=== DATA FOR THE TASK ===
□ □ □ □ □ □ □
-- ===== src/Knee/Panels/Total.antt =====
-- sweep/mkcharts.py: the two charts of the round trips are drawn whatever the latencies are.
use raft_tests.Prelude.{
  ℕ, ◌+◌, ◌%◌, ◌≡◌, refl, sym, ap, ◌∙◌, inl, inr, true, false, some, List, [], ◌∷◌, ◌==◌, String,
  Result, ok, err, gather, ◌>>=◌, map_result, IsOk, >>=-IsOk, from-IsOk, map_result-IsOk,
  gather-IsOk, Bool-cases, All, everywhere, weaken_All, string_eq, option_eq, pair_eq, list_eq,
  nat_eq, int_eq, ℤ, pos, ltb_ℤ,
}
use mathlib.Core.Path.{subst}
use raft_tests.Python.Dict.{Dict, get, lookup}
use raft_tests.Python.Float.{Float}
use raft_tests.Knee.Style.{c1, c2}
use raft_tests.Knee.Rows.{Product, Entry}
use raft_tests.Knee.Clash.{Series}
use raft_tests.Knee.Draw.{Plot, ticks_to, xm, ym, series}
use raft_tests.Knee.Draw.Total.{
  Has, IsComplete, IsAbove, IsReadable, xm-IsOk, ym-IsOk, series-Outcome,
}
use raft_tests.Knee.Product.{Svg, entries_of}
use raft_tests.Knee.Panels.{columns, rates_of, max_rate, axis_end, axis_step, panel_plot, positive}
use raft_tests.Knee.Panels.Picture.{
  panel_ytick, panel_xtick, draw_band_ms, positive_series, draw_panel, draw_panels,
  round_trips_file,
}

-- What is kept is above zero, and keeps what holds of all entries.
pub positive-keeps {ℓ} :
    (P : Entry → Type ℓ) (key : String) (es : List Entry)
    → All (Has key) es
    → All P es
    → (ps : List Entry) × (positive key es ≡ ok ps) × All (IsAbove key) ps × All P ps
unfolding positive
positive-keeps P key [] _ _ = ([], refl, tt, tt)
positive-keeps P key (e ∷ es) ((v, eq), has) (p, holds) =
    let (ps, kept, above, all) = positive-keeps P key es has holds in
    elim (Bool-cases (ltb_ℤ (pos 0) v)) [
      | inl high ↦ (e ∷ ps, rw (eq, kept, high) refl, ((v, eq, high), above), (p, all))
      | inr low ↦ (ps, rw (eq, kept, low) refl, above, all)
    ]

module _ {ℓ} {F : Type ℓ} ⦃f : Float F⦄ (plot : Plot F) (h : (plot.xmax == pos 0) ≡ false) where
  pub positive_series-IsOk :
      (es : List Entry) (col key : String)
      → All (IsReadable key) es
      → IsOk (positive_series plot es col key)
  unfolding positive_series
  positive_series-IsOk es col key readable =
      let (ps, kept, above, all) =
        positive-keeps (IsReadable key) key es
          (weaken_All (IsReadable key) (Has key) es (λ x (r, a, l). l) readable) readable in
      from-IsOk (positive key es) _ ps kept (drawn ps above all)
    where
      drawn :
          (ps : List Entry)
          → All (IsAbove key) ps
          → All (IsReadable key) ps
          → IsOk (elim ps as (λ _. Result (List String)) [
            | [] ↦ ok []
            | p ∷ ps' ↦ series plot (p ∷ ps') col key
          ])
      drawn [] _ _ = (_, refl)
      drawn (p ∷ ps) above all = elim (series-Outcome plot (p ∷ ps) col key h all) [
        | inl (_, fine) ↦ fine
        | inr (low, _) ↦ absurd (low above)
      ]

  pub draw_band_ms-IsOk : IsOk (draw_band_ms plot)
  unfolding draw_band_ms
  draw_band_ms-IsOk =
      >>=-IsOk (ym plot (pos 1000)) _ (ym-IsOk plot (pos 1000) refl) (λ _ _. (_, refl))

  panel_ytick-IsOk : (c : ℕ) (v : ℤ) → ltb_ℤ (pos 0) v ≡ true → IsOk (panel_ytick plot c v)
  unfolding panel_ytick
  panel_ytick-IsOk c v high = >>=-IsOk (ym plot v) _ (ym-IsOk plot v high) (λ _ _. (_, refl))

  panel_xtick-IsOk : (v : ℕ) → IsOk (panel_xtick plot v)
  unfolding panel_xtick
  panel_xtick-IsOk v = >>=-IsOk (xm plot (pos v)) _ (xm-IsOk plot (pos v) h) (λ _ _. (_, refl))

  readable :
      (key : String) (es : List Entry)
      → ((x : Entry) → IsComplete x → Has key x)
      → All IsComplete es
      → All (IsReadable key) es
  readable key es has complete =
      weaken_All IsComplete (IsReadable key) es
        (λ x (r, a, l50, l99). (r, a, has x (r, a, l50, l99))) complete

  -- A panel with an x axis is drawn for any complete entries, whatever their latencies, zero and below included.
  pub draw_panel-IsOk :
      (i xstep : ℕ) (label : String) (es : List Entry)
      → All IsComplete es
      → IsOk (draw_panel plot i xstep label es)
  unfolding draw_panel
  draw_panel-IsOk i xstep label es complete =
      >>=-IsOk (draw_band_ms plot) _ draw_band_ms-IsOk λ _ _.
        >>=-IsOk (gather (panel_ytick plot (i % columns)) marks) _
          (gather-IsOk (λ v. ltb_ℤ (pos 0) v ≡ true) (panel_ytick plot (i % columns)) marks
            (panel_ytick-IsOk (i % columns)) (refl, (refl, (refl, tt))))
          λ _ _.
            >>=-IsOk (gather (panel_xtick plot) (ticks_to plot.xmax xstep)) _
              (gather-IsOk (λ _. Unit {0}) (panel_xtick plot) (ticks_to plot.xmax xstep)
                (λ v _. panel_xtick-IsOk v) (everywhere (ticks_to plot.xmax xstep)))
              λ _ _.
                >>=-IsOk (positive_series plot es c2 "p99") _
                  (positive_series-IsOk es c2 "p99"
                    (readable "p99" es (λ x (r, a, l50, l99). l99) complete))
                  λ _ _.
                    >>=-IsOk (positive_series plot es c1 "p50") _
                      (positive_series-IsOk es c1 "p50"
                        (readable "p50" es (λ x (r, a, l50, l99). l50) complete))
                      (λ _ _. (_, refl))
    where
      marks : List ℤ
      marks = pos 1000 ∷ pos 10000 ∷ pos 100000 ∷ []

-- The data have the round trip, with complete entries.
abbrev pub IsThere : Dict Product (List Entry) → Series → Type 0
IsThere d s = (es : List Entry) × (get (some (s.0)) d ≡ some es) × All IsComplete es

pub entries_of_there :
    (d : Dict Product (List Entry)) (name : String) (es : List Entry)
    → get (some name) d ≡ some es
    → entries_of d name ≡ ok es
unfolding entries_of
entries_of_there d name es there = rw (entries_of, there) refl

pub rates_of-IsOk :
    (d : Dict Product (List Entry)) (rt : List Series) → All (IsThere d) rt → IsOk (rates_of d rt)
unfolding rates_of
rates_of-IsOk d [] _ = ([], refl)
rates_of-IsOk d ((name, lab, col) ∷ rt) ((es, there, complete), rest) =
    from-IsOk (entries_of d name) _ es (entries_of_there d name es there) (
      >>=-IsOk (map_result (lookup "rate") es) _
        (map_result-IsOk IsComplete (lookup "rate") es (λ x (r, a, l50, l99). r) complete)
        λ _ _. >>=-IsOk (rates_of d rt) _ (rates_of-IsOk d rt rest) (λ _ _. (_, refl)))

value_or {ℓ} : {A : Type ℓ} → A → Result A → A
value_or a (ok b) = b
value_or a (err _) = a

-- The action returns a file of the name.
abbrev pub Gives : Result Svg → String → Type 0
Gives r name = (lines : List String) × (r ≡ ok (name, lines))

pub from-Gives {ℓ} :
    {A : Type ℓ} (m : Result A) (f : A → Result Svg) (name : String) (a : A)
    → m ≡ ok a
    → Gives (f a) name
    → Gives (m >>= f) name
from-Gives m f name a e next = rw e next

module _ {ℓ} (F : Type ℓ) ⦃f : Float F⦄ where
  draw_panels-IsOk :
      (d : Dict Product (List Entry)) (xmax : ℤ) (i : ℕ) (rt : List Series)
      → (xmax == pos 0) ≡ false
      → All (IsThere d) rt
      → IsOk (draw_panels F d xmax i rt)
  unfolding draw_panels panel_plot
  draw_panels-IsOk d xmax i [] h _ = ([], refl)
  draw_panels-IsOk d xmax i ((name, lab, col) ∷ rt) h ((es, there, complete), rest) =
      from-IsOk (entries_of d name) _ es (entries_of_there d name es there) (
        >>=-IsOk (draw_panel (panel_plot F xmax i) i (axis_step xmax) lab es) _
          (draw_panel-IsOk (panel_plot F xmax i) h i (axis_step xmax) lab es complete)
          λ _ _.
            >>=-IsOk (draw_panels F d xmax (i + 1) rt) _ (draw_panels-IsOk d xmax (i + 1) rt h rest)
              (λ _ _. (_, refl)))

  -- The axis of the two charts has a length.
  abbrev pub HasAxis : Dict Product (List Entry) → List Series → Type 0
  HasAxis d rt =
      (rates : List ℤ) → rates_of d rt ≡ ok rates → (axis_end F (max_rate rates) == pos 0) ≡ false

  pub HasAxis-of :
      (d : Dict Product (List Entry)) (rt : List Series) (rates : List ℤ)
      → rates_of d rt ≡ ok rates
      → (axis_end F (max_rate rates) == pos 0) ≡ false
      → HasAxis d rt
  unfolding value_or
  HasAxis-of d rt rates read h rates' read' =
      subst (λ rs. (axis_end F (max_rate rs) == pos 0) ≡ false)
        (ap (value_or rates) (sym read ∙ read')) h

  pub round_trips_file-IsOk :
      (d : Dict Product (List Entry)) (rt : List Series)
      → All (IsThere d) rt
      → HasAxis d rt
      → Gives (round_trips_file F d rt) "round-trips.svg"
  unfolding round_trips_file
  round_trips_file-IsOk d rt there axis =
      let (rates, read) = rates_of-IsOk d rt there in
      let (panels, drawn) =
        draw_panels-IsOk d (axis_end F (max_rate rates)) 0 rt (axis rates read) there in
      from-Gives (rates_of d rt) _ "round-trips.svg" rates read (
        from-Gives (draw_panels F d (axis_end F (max_rate rates)) 0 rt) _ "round-trips.svg" panels
          drawn (_, refl))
□ □ □ □ □ □ □
Retrieve every line above holding the word "IsComplete".

=== OUTPUT OF THE EXERCISE ===
  Has, IsComplete, IsAbove, IsReadable, xm-IsOk, ym-IsOk, series-Outcome,
      → ((x : Entry) → IsComplete x → Has key x)
      → All IsComplete es
      weaken_All IsComplete (IsReadable key) es
      → All IsComplete es
IsThere d s = (es : List Entry) × (get (some (s.0)) d ≡ some es) × All IsComplete es
        (map_result-IsOk IsComplete (lookup "rate") es (λ x (r, a, l50, l99). r) complete)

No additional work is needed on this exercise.